Début 1960, Mgr Korec tombe dans les mailles de la STB. Le 21 mai 1960, il est condamné à Bratislava, pour motif de « subversion » et exercice illégal du ministère, à 12 ans de prison - pour avoir aidé des séminaristes dans leurs études, les avoir ordonné et être resté fidèle au Saint-Père. En juillet de la même année, il se retrouve à Valdice, en Bohême du Nord, avec environ 200 prêtres et 6 évêques. Ce qui ne signifie pas pour lui la fin de l'Eglise clandestine. En février 1968, il est libéré, grâce à des interventions de l'étranger. Le Printemps de Prague s'annonce … et à cette époque, tout se met à revivre. On autorise tous les évêques survivants à retourner dans leurs diocèses, mais les relations avec l'Eglise restent mauvaises. En mai 1968, les laïcs, les prêtres et les évêques se réunissent à Velehrad en Moravie. Mgr Korec concélèbre la messe avec 13 autres évêques dans la basilique mariale, sa première célébration publique comme évêque, et même comme prêtre ! Août 1968 n'était pas loin. Mgr Korec n'a pas été autorisé à célébrer dans une église paroissiale. Il a dû continuer à travailler comme ouvrier. Enfin, il fut complètement réhabilité et se rendit à Rome à l'occasion du pèlerinage commémoratif des onze cents ans de la mort de Saint Cyrille.
En juillet 1969, il a été reçu en audience par le pape Paul VI, qui lui a remis la croix pectorale et d'autres insignes qui lui appartenaient en tant qu'évêque de Milan, son anneau et sa mitre. C'était une reconnaissance formidable de l'accord de Paul VI avec l'Eglise de Tchécoslovaquie, au moment où la persécution recommençait…il reprend son ministère clandestin.

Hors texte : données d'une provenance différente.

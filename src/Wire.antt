-- ===== src/Wire.antt =====
-- src/wire.h: the frames between library and helper, and the socket calls that carry them.
pub mod Stream
pub mod Descriptor
pub mod Command
pub mod Serve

Interdit de tout ministère, il reprend dès 1970 un travail d'ouvrier comme réparateur d'ascenseurs à Bratislava, et le reste jusqu'à sa retraite en 1984.
La longue période de la persécution a soudain pris fin en novembre 1989. Le 15 février 1990, Mgr Korec est à Rome. Le Pape l'invite ce jour-là à déjeuner. Les deux hommes se connaissent et s'apprécient depuis longtemps. Un peu plus d'un an après, Mgr Korec est élevé à la dignité cardinalice. Voici donc Mgr Korec évêque résident et cardinal de Nitra, son siège épiscopal, est une butte avancée au-dessus du coude d'une large rivière, là, où les grandes plaines d'Europe centrale épousent les premières montagnes des Carpates. On comprend pourquoi le prince Pribina en faisait le siège du premier empire slave de la région au temps de Charlemagne. Et comme les premiers missionnaires francs arrivaient, la ville de Nitra était aussi le berceau du christianisme slave.
Mgr Korec n'est pas seulement une figure exemplaire de la résistance chrétienne à l'oppression athée et totalitaire. Il est aussi l'un des principaux artisans du renouveau spirituel de l'ex-Tchécoslovaquie. Dans ses œuvres il se reflète comme théologien, philosophe, historien, éthique et sociologue. Son activité dans le domaine des écrits religieux clandestins en ont fait un des maîtres à penser de la jeunesse catholique du pays.